Horace Huntley is a retired professor from the University of Alabama, Birmingham (UAB) in the School of Social and Behavioral Sciences. Dr. Huntley has worked extensively as a historian in the fields of Civil Rights, Labor History, Black History and African American Studies. He was the inaugural Director of the Oral History Project of the Birmingham Civil Rights Institute.[1]
Huntley worked at the Birmingham Civil Rights Institute researching and interpreting oral histories for a book, Black Workers' Struggle for Equality in Birmingham, which he authored with Yale University historian David Montgomery. The book, which was published in 2004 cataloged the relationships between African American workers and labor unions in the post-Civil Rights American South. He also authored A Master Option Trader's Journey From Pipe Shop To Wall Street – The Life and Times of Terry Harris in 2005, which tells the story of a young black man, born in Bessemer, Alabama who teaches himself the art of option trading on Wall Street and then develops a system to teach other poor people the same.
In 2006, he co-authored Nerve Juice And The Ivory Tower – Confrontation in Minnesota – The True Story Of The Morrill Hall Takeover which tells the story of a black student's quest at the University of Minnesota for a Black Studies Department. The co-authors are Marie Braddock Williams and Rose Freeman Massey who were part of a small group of black students occupied the University of Minnesota's administration building demanding African American Studies, open admissions and increased financial and academic resources for black and non-white students. Huntley also co-authored Footsoldiers for Democracy.
Huntley is a native of Birmingham, Alabama and graduate of Wenonah High School. He was one of the first recipients of the Baccalaureate Degree in African American Studies from the University of Minnesota. He earned a Master's degree from Syracuse University and a doctorate from the University of Pittsburgh. Huntley developed the minor in African American Studies at UAB and for more than twenty-five years has offered a series of courses on the experiences of Africans of the diaspora.

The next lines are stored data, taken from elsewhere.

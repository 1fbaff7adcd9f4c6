-- ===== src/Memory.antt =====
-- include/rmw_iceoryx2_cxx/impl/common/allocator.hpp, and `create_in_place` of common/create.hpp at
-- an address.
-- The allocator behind `rmw_allocate` is a parameter, as is what the constructors and destructors
-- of the runtime classes do: each of their calls may change the world.
pub mod Balance
pub mod Builds
use rmw_iceoryx.Errors.{MemoryError}
use rmw_iceoryx.Message.{TypeSupport}
use rmw_iceoryx.Common.{Bool, Exec, Expected, List, Option, err, guard, none, ok, or_raise, some, ℕ}

-- What a block is allocated for.
pub data Block : Type 0 where
  handle object : Block
  text : List ℕ → Block

-- A runtime object, by its class and the arguments of its constructor.
pub data Instance (Message : Type 0) : Type 0 where
  context guard_condition wait_set : ℕ → Instance Message
  node : ℕ → List ℕ → List ℕ → Instance Message
  publisher subscriber : ℕ → List ℕ → TypeSupport Message → Instance Message

pub record MemoryPort : Type 1 where
  pub World : Type 0
  pub Message : Type 0
  pub rmw_allocate : Block → World → Option ℕ × World
  pub rmw_free : ℕ → World → World
  -- the constructor of an object at an address, and its destructor
  pub constructor : Instance Message → ℕ → World → Bool × World
  pub destructor : ℕ → World → World

-- The result of a function that returns a pointer.
pub data Null : Type 0 where
  nullptr : Null

-- What is undone before a function gives up.
module _ {W A : Type 0} where
  abbrev pub undone : (W → W) → Expected Null A × W → Expected Null A × W
  undone f (ok a, w) = (ok a, w)
  undone f (err e, w) = (err e, f w)

  abbrev pub or_undo : Exec W Null A → (W → W) → Exec W Null A
  or_undo m f w = undone f (m w)

module _ (port : MemoryPort) where
  open port use {World, Message}

  unfoldable pub allocate : Block → Exec World Null ℕ
  allocate b w = or_raise (port.rmw_allocate b w).0 nullptr (port.rmw_allocate b w).1

  abbrev pub allocate_copy : List ℕ → Exec World Null ℕ
  allocate_copy cstr = allocate (text cstr)

  abbrev pub deallocate : Option ℕ → World → World
  deallocate none w = w
  deallocate (some p) w = port.rmw_free p w

  -- Placement new, whose constructor reports no error.
  unfoldable pub construct : Instance Message → Option ℕ → Exec World MemoryError ℕ
  construct i none w = (err MemoryError.construction, w)
  construct i (some p) w = (ok p, (port.constructor i p w).1)

  abbrev pub destruct : Option ℕ → World → World
  destruct none w = w
  destruct (some p) w = port.destructor p w

  unfoldable pub create_in_place : Instance Message → ℕ → Exec World Null (Unit {0})
  create_in_place i p w = guard (port.constructor i p w).0 nullptr (port.constructor i p w).1
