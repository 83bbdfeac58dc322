-- ===== src/Agent/Approval/Desk.antt =====
-- The rows that one decision works on, and the private methods of `ApprovalMutationGuard` that
-- write to them (app/services/agent_approval_service.py).
use test_platform_backend.Prelude.{
  ℕ, String, Bool, true, false, ◌&&◌, Option, none, some, List, ◌∷◌, ◌==◌, if◌then◌else◌, find,
  update_where,
}
use test_platform_backend.Session.{
  ErrorCode, approval_expired, approval_rejected, approval_required_before_execution,
}
use test_platform_backend.Agent.Model.{
  AgentToolCall, AgentApproval, AgentApprovalLineage, AgentApprovalMutationLog, AgentWorkerQueue,
  ApprovalStatus, QueueStatus, CallStatus, EventType, Mutation,
}
use test_platform_backend.Agent.Events.{Journal, append_event}

-- `lineage`, `call` and `approval` are what the queries of a decision return, `journal` the
-- call's run with its events. `queue` is the table of queue items, the newest first, and
-- `mutations` the mutation log, the newest first. `past` holds the superseded calls with their
-- approvals.
pub record Desk : Type 0 where
  pub journal : Option Journal
  pub lineage : Option AgentApprovalLineage
  pub call : Option AgentToolCall
  pub approval : Option AgentApproval
  pub queue : List AgentWorkerQueue
  pub mutations : List AgentApprovalMutationLog
  pub past : List (AgentToolCall × AgentApproval)

-- AgentApprovalDecisionRequest
pub record ApprovalDecision : Type 0 where
  pub approval_lineage_id : ℕ
  pub approval_epoch : ℕ
  pub input_hash : ℕ
  pub runtime_snapshot_id : ℕ
  pub resource_scope_hash : ℕ
  pub reason : Option String

-- An event of the run, if the run is there.
unfoldable pub log_event : EventType → Option ℕ → Option ErrorCode → Desk → Desk
log_event kind call code d = elim d.journal [
  | none ↦ d
  | some j ↦ record d { journal = some (append_event j kind call code) }
]

-- `_add_mutation`
unfoldable pub add_mutation :
    AgentApproval
    → ℕ
    → Mutation
    → Option ApprovalStatus
    → ApprovalStatus
    → Option ℕ
    → Option String
    → Desk
    → Desk
add_mutation a lineage_id kind from to actor reason d = record d {
  mutations =
      record {
        approval_lineage_id = lineage_id;
        approval_id = a.approval_id;
        tool_call_id = a.tool_call_id;
        run_id = a.run_id;
        mutation_type = kind;
        from_status = from;
        to_status = to;
        actor_user_id = actor;
        reason = reason;
      }
      ∷ d.mutations;
}

-- `status in ["queued", "leased", "blocked_approval"]`
abbrev pub is_blockable : QueueStatus → Bool
is_blockable QueueStatus.queued = true
is_blockable QueueStatus.leased = true
is_blockable QueueStatus.blocked_approval = true
is_blockable _ = false

abbrev pub block_item : ErrorCode → AgentWorkerQueue → AgentWorkerQueue
block_item code i = record i {
  status = QueueStatus.blocked_approval;
  last_error_code = some code;
  lease_owner = none;
  lease_expires_at = none;
}

-- `_block_queue`
unfoldable pub block_queue : ℕ → ErrorCode → List AgentWorkerQueue → List AgentWorkerQueue
block_queue call code =
    update_where (λ i. i.tool_call_id == call && is_blockable i.status) (block_item code)

-- `last_error_code in {"approval_required_before_execution", "approval_rejected",
-- "approval_expired", None}`
abbrev pub releasable_error : Option ErrorCode → Bool
releasable_error none = true
releasable_error (some approval_required_before_execution) = true
releasable_error (some approval_rejected) = true
releasable_error (some approval_expired) = true
releasable_error (some _) = false

-- `status in {"blocked_approval", "failed"}`
abbrev pub is_stopped : QueueStatus → Bool
is_stopped QueueStatus.blocked_approval = true
is_stopped QueueStatus.failed = true
is_stopped _ = false

abbrev pub queued_item : AgentToolCall → ℕ → ℕ → AgentWorkerQueue
queued_item c fresh now = record {
  queue_id = fresh;
  run_id = c.run_id;
  tool_call_id = c.tool_call_id;
  status = QueueStatus.queued;
  priority = 100;
  available_at = now;
  lease_owner = none;
  lease_expires_at = none;
  attempt_count = 0;
  last_error_code = none;
}

abbrev pub requeue_item : AgentWorkerQueue → AgentWorkerQueue
requeue_item i = record i {
  status = QueueStatus.queued;
  last_error_code = none;
  lease_owner = none;
  lease_expires_at = none;
}

abbrev releasable : AgentWorkerQueue → Bool
releasable i = is_stopped i.status && releasable_error i.last_error_code

-- `_release_or_enqueue`: `latest` is the newest queue item of the call. The writes to the call
-- and to the queue; `fresh` is the id of a new item.
unfoldable pub released_call : Option AgentWorkerQueue → AgentToolCall → AgentToolCall
released_call none c = c
released_call (some i) c = if releasable i then record c { status = CallStatus.planned } else c

unfoldable pub released_queue :
    Option AgentWorkerQueue → AgentToolCall → ℕ → ℕ → List AgentWorkerQueue → List AgentWorkerQueue
released_queue none c fresh now queue = queued_item c fresh now ∷ queue
released_queue (some i) c fresh now queue =
    if releasable i then update_where (λ x. x.queue_id == i.queue_id) requeue_item queue else queue

abbrev pub latest_item : AgentToolCall → List AgentWorkerQueue → Option AgentWorkerQueue
latest_item c = find (λ i. i.tool_call_id == c.tool_call_id)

Huntley has also served as an Alabama Humanities Foundation Scholar, on the Birmingham Civil Rights Institute Task Force, as a founding member of the Institute (BCRI). He is the Director of the Oral History Project for BCRI. He served on the Birmingham Historical Commission, the Birmingham Historical Society and as an evaluator of the Fellowship Office of the National Research Council of the National Science Foundation.
According to an article in The Birmingham News dated December 4, 2008, Professor Huntley sued the University of Alabama at Birmingham, claiming the school has discriminated against him and denied him fair pay because of his race and age. He also claims, in the lawsuit filed in federal court Tuesday, that UAB "has a policy of discriminating against black persons with respect to recruitment, hiring, compensation, promotions, discipline, training, discharge, pay, fringe benefits and other terms and conditions of employment."[2]